Further, the third mirror M3 has a concave surface shape and narrows the light flux from the second mirror M2, thereby reducing the size of the light incident region or the optically effective portion of the fourth mirror M4, thereby processing and measuring Can be facilitated. In addition, a large space for member arrangement can be secured.

In addition, in order to suppress the size of the optically effective portion, the fifth mirror M5 is disposed as close to the optical axis AX as possible.

The fourth mirror M4 has a concave surface shape so that the light flux enters the fifth mirror M5 while avoiding the eighth mirror M8 having a large effective diameter. In addition, in order to guide the incident light beam from the fourth mirror M4 to the seventh and eighth mirrors M7 and M8 arranged near the optical axis, the fifth mirror M5 has a concave surface shape. The six mirrors M6 have a convex surface shape.

Further, by forming the intermediate image IM on the optical path between the fourth and fifth mirrors M4 and M5, the luminous flux is prevented from being shielded by the eighth mirror M8 having a large effective diameter, thereby providing more members. Space is available for placement.

In addition, on each reflecting surface of this embodiment, a multilayer film for reflecting EUV light is formed. In order to secure the necessary reflectance with respect to the characteristic of this multilayer film, in this embodiment, while maintaining the high NA of 0.4, (theta) in of Formula (7) is suppressed to about 35.

Example 3

Next, the reflection-type reduced projection optical system according to the third embodiment of the present invention shown in FIG. 3 will be described in detail.

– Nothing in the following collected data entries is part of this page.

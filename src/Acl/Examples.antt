-- ===== src/Acl/Examples.antt =====
-- The laws of requirements at a concrete account.
use weave_ftpd.Base.{◌≡◌, ◌↔◌, refl, [], ◌∷◌, true, codes, text_eq, contains}
use weave_ftpd.User.Account.{has_flag, is_in_group}
use weave_ftpd.User.Sample.{ann}
use weave_ftpd.Acl.Requirement.{no_terms, Requirement, requirement, cons, nil, check_requirement}
use weave_ftpd.Acl.RequirementLaws.{Satisfies, check_requirement_iff}

abbrev three_of_staff : Requirement
three_of_staff =
    requirement (record no_terms { all_flags = codes "3" ∷ [] })
      (cons (requirement (record no_terms { any_groups = codes "staff" ∷ [] }) nil nil) nil) nil

check_requirement_iff_example :
    (check_requirement ann three_of_staff ≡ true) ↔ Satisfies ann three_of_staff
check_requirement_iff_example = check_requirement_iff ann three_of_staff

check_run : check_requirement ann three_of_staff ≡ true
unfolding check_requirement text_eq has_flag contains is_in_group
check_run = refl
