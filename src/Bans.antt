-- ===== src/Bans.antt =====
-- The list of banned users: internal/core/banlist.go.
pub mod Decimal
pub mod Banlist
pub mod DecimalLaws
pub mod LineLaws
pub mod BanLaws
mod Examples
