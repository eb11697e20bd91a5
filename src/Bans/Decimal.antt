-- ===== src/Bans/Decimal.antt =====
-- fmt's %d of an int64, printed and scanned.
use weave_ftpd.Base.{
  ℕ, zero, suc, ◌+◌, ◌-◌, ◌*◌, ◌/◌, ◌%◌, ◌^◌, [], ◌∷◌, ◌++◌, Bool, true, false, ◌&&◌, if◌then◌else◌,
  ltb, leb, ◌==◌, Text,
}
use weave_ftpd.Base.Int.{ℤ, pos, negsuc}

unfoldable pub is_digit : ℕ → Bool
is_digit c = leb 48 c && leb c 57

-- The digits that a number takes, up to twenty.
unfoldable pub digits_from : ℕ → ℕ → Text
digits_from zero n = []
digits_from (suc fuel) n =
    let rest = digits_from fuel (n / 10) in
    if ltb n 10 then (n + 48) ∷ [] else rest ++ (n % 10 + 48) ∷ []

unfoldable pub print_int : ℤ → Text
unfolding digits_from
print_int (pos n) = digits_from 20 n
print_int (negsuc n) = b'-' ∷ digits_from 20 (n + 1)

-- The value of the digits at the start, after this one.
unfoldable pub decimal_from : ℕ → Text → ℕ
unfolding is_digit
decimal_from n [] = n
decimal_from n (c ∷ s) =
    let rest = decimal_from (n * 10 + (c - 48)) s in if is_digit c then rest else n

-- A number outside of int64 leaves the target as it was.
abbrev pub in_int64 : Bool → ℕ → ℤ
in_int64 false n = if ltb n (2 ^ 63) then pos n else pos 0
in_int64 true zero = pos 0
in_int64 true (suc n) = if ltb n (2 ^ 63) then negsuc n else pos 0

unfoldable pub scan_int : Text → ℤ
unfolding decimal_from
scan_int [] = pos 0
scan_int (c ∷ s) =
    if c == b'-'
    then in_int64 true (decimal_from 0 s)
    else if c == b'+'
    then in_int64 false (decimal_from 0 s)
    else in_int64 false (decimal_from 0 (c ∷ s))
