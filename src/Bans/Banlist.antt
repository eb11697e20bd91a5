-- ===== src/Bans/Banlist.antt =====
-- internal/core/banlist.go
use weave_ftpd.Base.{
  List, [], ◌∷◌, ◌++◌, Bool, true, false, ◌||◌, Option, none, some, if◌then◌else◌, leb, ◌==◌, Text,
  codes, text_eq, has_prefix, trim_space, split_byte, equal_fold, is_some, length,
}
use weave_ftpd.Base.Int.{ℤ, pos}
use weave_ftpd.Bans.Decimal.{print_int, scan_int}

pub record UserBanEntry : Type 0 where
  pub user : Text
  pub added : ℤ
  pub by : Text
  pub reason : Text

-- The file, if there is one, and whether the system lets it be read and written.
pub record BanFile : Type 0 where
  pub text : Option Text
  pub is_readable : Bool
  pub is_writable : Bool

-- What stands before the first bar, and what follows it: one step of strings.SplitN.
unfoldable pub cut : Text → Text × Option Text
cut [] = ([], none)
cut (c ∷ s) = let rest = cut s in if c == b'|' then ([], some s) else (c ∷ rest.0, rest.1)

abbrev pub reason_of : Option Text → Text
reason_of none = []
reason_of (some s) = trim_space s

abbrev pub by_of : Option Text → Text × Text
by_of none = ([], [])
by_of (some s) = let parts = cut s in (trim_space parts.0, reason_of parts.1)

abbrev pub added_of : Option Text → ℤ × (Text × Text)
added_of none = (pos 0, ([], []))
added_of (some s) = let parts = cut s in (scan_int (trim_space parts.0), by_of parts.1)

unfoldable pub entry_of : Text → UserBanEntry
entry_of line =
    let parts = cut line in
    let (added, (by, reason)) = added_of parts.1 in
    record { user = trim_space parts.0; added = added; by = by; reason = reason }

-- The entries of the lines, where no line is too long for the scanner.
abbrev pub add_line : Text → Option (List UserBanEntry) → Option (List UserBanEntry)
add_line line none = none
add_line line (some entries) =
    if leb 65536 (length line)
    then none
    else if text_eq (trim_space line) [] || has_prefix (trim_space line) (codes "#")
    then some entries
    else if text_eq (entry_of (trim_space line)).user []
    then some entries
    else some (entry_of (trim_space line) ∷ entries)

unfoldable pub load_lines : List Text → Option (List UserBanEntry)
unfolding entry_of
load_lines [] = some []
load_lines (line ∷ lines) = add_line line (load_lines lines)

-- An error is none.
unfoldable pub load_user_ban_entries : BanFile → Option (List UserBanEntry)
unfolding load_lines
load_user_ban_entries file = elim file.text [
  | none ↦ some []
  | some text ↦ if file.is_readable then load_lines (split_byte 10 text) else none
]

unfoldable pub ban_line : UserBanEntry → Text
ban_line e = e.user ++ b'|' ∷ (print_int e.added ++ b'|' ∷ (e.by ++ b'|' ∷ e.reason))

unfoldable pub ban_text : List UserBanEntry → Text
unfolding ban_line
ban_text [] = []
ban_text (e ∷ es) =
    let rest = ban_text es in
    if text_eq (trim_space e.user) [] then rest else ban_line e ++ 10 ∷ rest

-- The file afterwards, and whether it was written.
unfoldable pub save_user_ban_entries : List UserBanEntry → BanFile → BanFile × Bool
unfolding ban_text
save_user_ban_entries entries file =
    if file.is_writable
    then (record file { text = some (ban_text entries) }, true)
    else (file, false)

unfoldable pub find_entry : Text → List UserBanEntry → Option UserBanEntry
find_entry username [] = none
find_entry username (e ∷ es) = if equal_fold e.user username then some e else find_entry username es

unfoldable pub find_user_ban : Text → BanFile → Option UserBanEntry
unfolding load_user_ban_entries find_entry
find_user_ban username file = elim (load_user_ban_entries file) [
  | none ↦ none
  | some entries ↦ find_entry username entries
]

unfoldable pub add_user_ban : ℤ → Text → Text → Text → BanFile → BanFile × Bool
unfolding find_entry load_user_ban_entries save_user_ban_entries
add_user_ban now username by reason file = elim (load_user_ban_entries file) [
  | none ↦ (file, false)
  | some entries ↦
      if is_some (find_entry username entries)
      then (file, true)
      else save_user_ban_entries
          (entries ++ record { user = username; added = now; by = by; reason = reason } ∷ []) file
]

unfoldable pub without : Text → List UserBanEntry → List UserBanEntry
without username [] = []
without username (e ∷ es) =
    let rest = without username es in if equal_fold e.user username then rest else e ∷ rest

-- The file afterwards, whether an entry was removed, and whether there was no error.
unfoldable pub remove_user_ban : Text → BanFile → BanFile × (Bool × Bool)
unfolding find_entry without load_user_ban_entries save_user_ban_entries
remove_user_ban username file = elim (load_user_ban_entries file) [
  | none ↦ (file, (false, false))
  | some entries ↦
      if is_some (find_entry username entries)
      then (let saved = save_user_ban_entries (without username entries) file in
          (saved.0, (true, saved.1)))
      else (file, (false, true))
]
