-- ===== src/Lib.antt =====
-- Verification library of proxifyre, an application-level proxy for Windows. The program takes
-- packets from a network driver, finds the process behind each, turns those of chosen processes
-- around to a local transparent proxy by rewriting ports and swapping addresses, and relays them to
-- a SOCKS5 server. The proxy asks the router which destination a connection or a flow had.
--
-- Which file models which part (paths of the repository):
--   src/router/mod.rs         Router/Mappings (UdpMappings, the peer index), Router/State
--                             (SocksLocalRouter), the two queries of add_socks5_proxy in Router/Flow;
--                             Router/Lifecycle (proxies, start, stop, filter table, notifications);
--                             Router/Selection (new, refresh_adapter_name, the callback)
--   src/router/flow.rs        Router/State and Router/Choice (get_proxy_port_*), Router/Flow
--                             (process_tcp_payload, process_udp_payload,
--                             cleanup_stale_udp_endpoints). `step` and `run` are the packets and the
--                             cleanup in the order of src/router/adapter.rs
--   src/router/packet.rs      Router/PacketInfo (the header fields that are used), Router/Packet
--                             (parse_packet_info, apply_rewrite and what they call, on bytes),
--                             Router/Wire (the interface of the wire module of smoltcp),
--                             Router/Flow/Rewritten (the fields after a rewrite, without the bytes);
--                             process_packet is in Router/Adapter
--   src/router/adapter.rs     Router/Adapter (a batch of packets), Router/Adapter/Loop
--                             (run_packet_loop), Router/Selection (select_best_adapter_name,
--                             find_adapter_handle)
--   src/router/filters.rs     Router/Filters
--   src/proxy/transparent_proxy.rs
--                             Proxy/Listener (new, start, stop), Proxy/Handler
--                             (handle_tcp_connection), Proxy/Queue (accept_udp_connections and
--                             udp_worker_loop), Proxy/Associations with
--                             Proxy/Readers (the map and the handles, each section under a lock a
--                             function), Proxy/Datagram (handle_udp_packet at its beginning and
--                             end), Proxy/Answer (what a reader does with a datagram of the
--                             relay), Proxy/Associations/Worker (worker and readers as a step
--                             relation in which they interleave), Proxy/Pool
--   src/proxy/socks5.rs       Proxy/Dialer, Proxy/Endpoint (parse_socks5_endpoint, Socks5Dialer::new),
--                             Proxy/Codec (datagrams and addresses), Proxy/Session
--                             (handshake, requests, replies) over Proxy/Stream (dialogues: what is
--                             written and read, on the bytes that the peer sends); Proxy/Stream/Conn
--                             has the interface of the stream that a dialogue runs on;
--                             Proxy/Protocol has the messages of RFC 1928 and RFC 1929 as bytes, apart
--                             from the code that writes and reads them
--   src/windows/process.rs    Process (the caches of sessions and of paths; Process/Owners describes
--                             the rows of the system's tables, apart from the code)
--   src/windows/stats.rs      Stats (the CPU sampler and the snapshot)
--   src/tui.rs                Tui (the traffic sampler, format_time), Tui/Screen (Tui::run), Tui/Bar (the
--                             lines and the status bar), Tui/Drawn (the status bar from draw to
--                             draw)
--   src/logging.rs            Logging (the lines that are kept and written), Logging/Start (init)
--   src/app.rs, src/config.rs App (the settings are handed to the router), App/Run (run)
-- Relay joins router, proxy and client for one TCP connection, Router/Adapter/Events joins the
-- packet loop and the router, Relay/Batches joins all four, and
-- Relay/Datagrams does so for a UDP datagram; Relay/Replies and Relay/Answers are the way back.
-- Prelude, HashMap and Net hold what these share: lists, bytes and text, results, std's HashMap as an association list, std's addresses.
-- Tests runs the model on concrete inputs; Tests/Wire is a small wire format that keeps the laws of
-- Router/Wire.
--
-- Numbers are natural numbers. Ports, bytes and identifiers keep the ranges that their types give
-- them where a statement needs it (`IsAddr`); the counters of bytes wrap around at 2 ^ 64. Times are
-- milliseconds since some start, where a file does not say otherwise, and a
-- difference stops at 0 as in `duration_since`. The loops of the source are recursion on a list (of
-- packets, of rounds or of events), and
-- on fuel in `reap_loop`, where the number of handles is proved to be enough, and in `decimal`, where it
-- is above the number of digits.
--
-- Parameters: in the router, the look-up of the process behind a packet (which may answer differently
-- from one time to another; its caches are in Process), the readers and setters of packet headers,
-- what the driver reads and lists; name resolution, the parser of IP addresses and lossy text, the
-- stream, binding of sockets, the driver's filter table, and the tables and notifications of the
-- operating system. A mutex is a section that runs as one step; what another task does between two
-- sections is a step of its own. The flags that the packet loop shares with other tasks are what it
-- sees of them in each round.
--
-- In Tui/Bar floating-point numbers are a parameter, and in Stats and Tui quotients are left as their
-- parts. App/Run has what the packet loop and the notifications do while the program waits as a list
-- of activities.
--
-- Not modelled: the widgets, borders and colours of the terminal interface, the
-- parser of the settings, the scheduling of threads, the calls of the driver and of the operating
-- system themselves, and the text of messages.
pub mod Prelude
pub mod App
pub mod HashMap
pub mod Logging
pub mod Net
pub mod Process
pub mod Proxy
pub mod Relay
pub mod Router
pub mod Stats
pub mod Tests
pub mod Tui
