-- ===== src/Prelude/Count.antt =====
-- Counting in lists, and `Vec::swap_remove`.
use mathlib.Core.Bool.{Bool, true}
use mathlib.Core.List.{List, [], ◌∷◌, ◌++◌}
use mathlib.Core.Path.{◌≡◌, refl, ap}
use native.Mathlib.Omega.{arith}
use Prim.Native.Nat.{ℕ, zero, suc, ◌+◌, ◌≤◌}
use proxifyre_rs.Prelude.Lists.{length}
use proxifyre_rs.Prelude.Tests.{if◌then◌else◌}

module _ {ℓ} {A : Type ℓ} where
  unfoldable pub count : (A → Bool) → List A → ℕ
  count p [] = 0
  count p (x ∷ xs) = if p x then suc (count p xs) else count p xs

  -- The last element in front, then the others.
  unfoldable pub pull_last : List A → List A
  pull_last [] = []
  pull_last (x ∷ xs) = elim (pull_last xs) [ [] ↦ x ∷ [] | l ∷ front ↦ l ∷ x ∷ front ]

  -- The element at the position goes, and the last one takes its place.
  unfoldable pub swap_remove : ℕ → List A → List A
  swap_remove i [] = []
  swap_remove zero (x ∷ xs) = pull_last xs
  swap_remove (suc i) (x ∷ xs) = x ∷ swap_remove i xs

  pub length-pull_last : (xs : List A) → length (pull_last xs) ≡ length xs
  unfolding pull_last
  length-pull_last [] = refl
  length-pull_last (x ∷ xs) = ground (arith, length-pull_last xs)

  pub count-pull_last : (p : A → Bool) (xs : List A) → count p (pull_last xs) ≡ count p xs
  unfolding pull_last count
  count-pull_last p [] = refl
  count-pull_last p (x ∷ xs) = ground (arith, count-pull_last p xs)

  pub swap_remove-append :
      (xs : List A) (y : A) (ys : List A)
      → swap_remove (length xs) (xs ++ y ∷ ys) ≡ xs ++ pull_last ys
  unfolding swap_remove
  swap_remove-append [] y ys = refl
  swap_remove-append (x ∷ xs) y ys = ap (◌∷◌ x) (swap_remove-append xs y ys)

  pub count-append : (p : A → Bool) (xs ys : List A) → count p (xs ++ ys) ≡ count p xs + count p ys
  unfolding count
  count-append p [] ys = omega arith
  count-append p (x ∷ xs) ys = ground (arith, count-append p xs ys)

  pub count_mono :
      (p q : A → Bool) (xs : List A) → ((x : A) → p x ≡ true → q x ≡ true) → count p xs ≤ count q xs
  unfolding count
  count_mono p q [] h = omega arith
  count_mono p q (x ∷ xs) h = ground (arith, count_mono p q xs h, h x)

The reflective reduced projection optical system of this embodiment has eight mirrors M1 to M8. That is, in order that light passes from the object surface MS, the first mirror M1 having the shape of the concave surface, the aperture stop AS, the second mirror M2 having the shape of the convex surface, and the concave surface And a third mirror M3 having a shape, a fourth mirror M4 having a shape of a concave surface, and a fifth mirror M5 having a shape of a concave surface. In addition, a sixth mirror M6 having a convex surface shape, a seventh reflective surface M7 having a convex surface shape, and an eighth mirror M8 having a concave surface shape are provided.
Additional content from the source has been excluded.